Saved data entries
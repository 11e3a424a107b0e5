-- ===== src/Http/Split.antt =====
-- `SplitString` of examples/http/HttpCodec.cpp.
pub mod Rejoin
use ladder.Prelude.{ℕ, ◌+◌, ◌-◌, List, [], ◌∷◌, length, take, drop, ltb, if◌then◌else◌}
use ladder.Utils.{find_substr}

-- `str.substr(from, to - from)`, which takes all the rest where the difference is negative.
abbrev pub part : List ℕ → ℕ → ℕ → List ℕ
part str start end = if ltb end start then drop start str else take (end - start) (drop start str)

pub split_at : List ℕ → ℕ → List ℕ → ℕ → List (List ℕ)
split_at str size [] start = part str start (length str) ∷ []
split_at str size (b ∷ breakpoints) start =
    part str start b ∷ split_at str size breakpoints (b + size)

unfoldable pub split_string : List ℕ → List ℕ → List (List ℕ)
unfolding split_at
split_string str breaking = split_at str (length breaking) (find_substr str breaking) 0
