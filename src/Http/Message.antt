-- ===== src/Http/Message.antt =====
-- Messages of examples/http/HttpCodec.cpp: parsing and composing.
pub mod Frame
pub mod StartLine
use ladder.Prelude.{
  ℕ, suc, ◌+◌, ◌-◌, ◌*◌, Bool, true, false, ◌||◌, Option, none, some, List, [], ◌∷◌, ◌++◌, length,
  take, drop, ltb, ◌==◌, if◌then◌else◌,
}
use ladder.Prelude.Text.{
  codes, ℤ, pos, negsuc, substr, find_text, find_number, assign_number, to_string, atoi,
}
use ladder.Utils.{find_substr}
use ladder.Http.Tables.{
  header_break, http_status, http_request_methods, http_request_method_strs, header_fields,
  header_field_strs, content_encodings, encoding_gzip, encoding_identity, field_content_length,
  field_connection, field_accept_encoding, status_ok, status_bad_request, status_method_not_allowed,
  status_not_acceptable,
}
use ladder.Http.Split.{split_string}

pub record HttpContext : Type 0 where
  pub method : ℤ
  pub uri : List ℕ
  pub version : List ℕ
  pub start_line : List ℕ
  pub headers : List (ℕ × List ℕ)
  pub payload : List ℕ
  pub status_code : ℕ
  pub content_encoding : ℕ
  pub content_length : ℕ

-- The constructors set no number; the argument holds what the numbers are before.
unfoldable pub new_context : HttpContext → HttpContext
new_context raw = record raw {
  uri = [];
  version = codes "HTTP/1.1";
  start_line = [];
  headers = assign_number field_connection (codes "close") [];
  payload = [];
}

unfoldable pub clear : HttpContext → HttpContext
clear c = record c { uri = []; headers = []; start_line = []; payload = [] }

pub encoding_supported : ℕ → Bool
encoding_supported encoding = (encoding == encoding_identity) || (encoding == encoding_gzip)

-- The place of the first colon.
unfoldable pub position_colon : List ℕ → Option ℕ
position_colon [] = none
position_colon (c ∷ line) =
    if c == b':' then some 0 else elim (position_colon line) [ none ↦ none | some j ↦ some (suc j) ]

-- The headers so far, or a line without a colon behind them, or the exception of `substr`.
pub data Headers : Type 0 where
  headers_are : List (ℕ × List ℕ) → Headers
  bad_line : List (ℕ × List ℕ) → Headers
  throws : Headers

-- One line behind the first.
unfoldable pub parse_line : List ℕ → List (ℕ × List ℕ) → Headers
unfolding position_colon
parse_line line headers = elim (position_colon line) [
  | none ↦ bad_line headers
  | some colon ↦ elim (find_text (take colon line) header_fields) [
    | none ↦ headers_are headers
    | some field ↦ elim (substr line (colon + 2) (length line - colon - 2)) [
      | none ↦ throws
      | some value ↦ headers_are (assign_number field value headers)
    ]
  ]
]

unfoldable pub parse_lines : List (List ℕ) → List (ℕ × List ℕ) → Headers
unfolding parse_line
parse_lines [] headers = headers_are headers
parse_lines (line ∷ lines) headers = elim (parse_line line headers) [
  | headers_are more ↦ parse_lines lines more
  | bad_line more ↦ bad_line more
  | throws ↦ throws
]

-- The result of `ParseMessage`, its `length` and the context afterwards; `thrown` is an exception.
pub data Parsed : Type 0 where
  parsed : ℤ → ℤ → HttpContext → Parsed
  thrown : Parsed

-- How much payload there is: `none` is too little so far.
pub payload_length : List (ℕ × List ℕ) → ℕ → Option ℤ
payload_length headers available = elim (find_number field_content_length headers) [
  | none ↦ some (pos 0)
  | some value ↦ elim (atoi value) [
    | pos n ↦ if ltb available n then none else some (pos n)
    | negsuc n ↦ some (negsuc n)
  ]
]

-- `length` and the payload, where the header block with its blank line takes so many characters.
-- A negative count is the largest of all counts for `substr`.
abbrev pub total_length : ℕ → ℤ → ℤ
total_length before (pos n) = pos (before + n)
total_length before (negsuc n) = if ltb n before then pos (before - suc n) else negsuc (n - before)

abbrev pub payload_of : List ℕ → ℕ → ℤ → List ℕ
payload_of message before (pos n) = take n (drop before message)
payload_of message before (negsuc n) = drop before message

module _ (handle_message : HttpContext → ℤ × HttpContext) where
  pub handled : HttpContext → ℤ → Parsed
  handled c total = let (status, c') = handle_message c in parsed status total c'

  pub parse_payload : List ℕ → ℕ → HttpContext → Parsed
  unfolding handled payload_length
  parse_payload message before c = elim (payload_length c.headers (length message - before)) [
    | none ↦ parsed (negsuc 0) (pos 0) c
    | some n ↦ handled (record c { payload = payload_of message before n }) (total_length before n)
  ]

  -- The header block: its lines, the first of them apart.
  pub parse_block : List ℕ → ℕ → List (List ℕ) → HttpContext → Parsed
  unfolding parse_lines parse_payload
  parse_block message before [] c = parse_payload message before c
  parse_block message before (first ∷ lines) c = elim (parse_lines lines c.headers) [
    | headers_are headers ↦
        parse_payload message before (record c { start_line = first; headers = headers })
    | bad_line headers ↦
        parsed (pos status_bad_request) (pos 0) (record c { start_line = first; headers = headers })
    | throws ↦ thrown
  ]

  -- By the places of the blank line.
  pub parse_places : HttpContext → List ℕ → List ℕ → Parsed
  unfolding parse_block clear
  parse_places c message [] = parsed (negsuc 0) (pos 0) c
  parse_places c message (b ∷ more) =
      parse_block message (b + 2 * length header_break) (split_string (take b message) header_break)
        (clear c)

  pub parse_message : HttpContext → List ℕ → Parsed
  unfolding parse_places
  parse_message c message =
      parse_places c message (find_substr message (header_break ++ header_break))

-- The first of the encodings offered that the server has.
pub choose_encoding : List (List ℕ) → ℕ → ℕ
unfolding encoding_supported
choose_encoding [] chosen = chosen
choose_encoding (enc ∷ rest) chosen = elim (find_text enc content_encodings) [
  | none ↦ choose_encoding rest chosen
  | some encoding ↦ elim (encoding_supported encoding) [
    | true ↦ encoding
    | false ↦ choose_encoding rest chosen
  ]
]

pub accepted_encoding : List (ℕ × List ℕ) → ℕ
unfolding choose_encoding
accepted_encoding headers = elim (find_number field_accept_encoding headers) [
  | none ↦ encoding_identity
  | some offered ↦ choose_encoding (split_string offered (codes ", ")) encoding_identity
]

-- `HttpRequest::HandleMessage`, by the fields of the start line.
pub handle_fields : List (List ℕ) → HttpContext → ℤ × HttpContext
unfolding accepted_encoding
handle_fields (method ∷ [] ∷ version ∷ []) c = elim (find_text method http_request_methods) [
  | none ↦ (pos status_method_not_allowed, c)
  | some code ↦ (pos status_bad_request, record c { method = pos code })
]
handle_fields (method ∷ (slash ∷ path) ∷ version ∷ []) c =
    elim (find_text method http_request_methods) [
      | none ↦ (pos status_method_not_allowed, c)
      | some code ↦
          if slash == b'/'
          then (
            pos status_ok,
            record c {
              method = pos code;
              uri = path;
              version = version;
              content_encoding = accepted_encoding c.headers;
            },
          )
          else (pos status_bad_request, record c { method = pos code })
    ]
handle_fields _ c = (pos status_bad_request, c)

pub handle_request : HttpContext → ℤ × HttpContext
unfolding handle_fields
handle_request c = handle_fields (split_string c.start_line (codes " ")) c

-- `HttpResponse::HandleMessage`.
pub handle_response_encoding : HttpContext → ℤ × HttpContext
unfolding encoding_supported
handle_response_encoding c = elim (find_number field_accept_encoding c.headers) [
  | none ↦ (pos 0, c)
  | some offered ↦ elim (split_string offered (codes ", ")) [
    | [] ↦ (pos 0, c)
    | (first ∷ rest) ↦ elim (find_text first content_encodings) [
      | none ↦ (pos status_not_acceptable, c)
      | some encoding ↦
          if encoding_supported encoding
          then (pos 0, record c { content_encoding = encoding })
          else (pos status_not_acceptable, c)
    ]
  ]
]

pub handle_response_fields : List (List ℕ) → HttpContext → ℤ × HttpContext
unfolding handle_response_encoding
handle_response_fields (version ∷ status ∷ phrase ∷ []) c =
    elim (find_text version http_request_methods) [
      | none ↦ (negsuc 0, c)
      | some code ↦ handle_response_encoding (record c {
        version = version;
        method = atoi status;
        content_encoding = encoding_identity;
      })
    ]
handle_response_fields _ c = (negsuc 0, c)

pub handle_response : HttpContext → ℤ × HttpContext
unfolding handle_response_fields
handle_response c = handle_response_fields (split_string c.start_line (codes " ")) c

-- `kHttpRequestMethodStrs`, which has no negative number.
unfoldable pub method_name : ℤ → Option (List ℕ)
method_name (pos code) = find_number code http_request_method_strs
method_name (negsuc n) = none

-- `PrepareMessage`: the start line, if there is one.
unfoldable pub start_line_of : Option (List ℕ) → HttpContext → Option (List ℕ)
start_line_of none c = none
start_line_of (some name) c = some (name ++ (codes " " ++ (c.uri ++ (codes " " ++ c.version))))

unfoldable pub prepare_request : HttpContext → Option (List ℕ)
unfolding method_name start_line_of
prepare_request c = start_line_of (method_name c.method) c

pub prepare_response : HttpContext → Option (List ℕ)
prepare_response c = elim (find_number c.status_code http_status) [
  | none ↦ none
  | some phrase ↦ some (c.version ++ (codes " " ++ phrase))
]

pub compose_lines : List (ℕ × List ℕ) → List ℕ
compose_lines [] = []
compose_lines ((field, value) ∷ headers) = elim (find_number field header_field_strs) [
  | none ↦ compose_lines headers
  | some name ↦ name ++ (codes ": " ++ (value ++ (header_break ++ compose_lines headers)))
]

-- What `ComposeHeaders` appends, by the result of `PrepareMessage`.
pub compose_headers : Option (List ℕ) → HttpContext → List ℕ
unfolding compose_lines
compose_headers none c = []
compose_headers (some start) c =
    start
    ++ (header_break
        ++ (compose_lines
              (assign_number field_content_length (to_string c.content_length) c.headers)
            ++ header_break))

### PROBLEM DESCRIPTION:
The lines above that hold the word "clear" need counting; write the count and nothing more.

### TASK RESULT:
4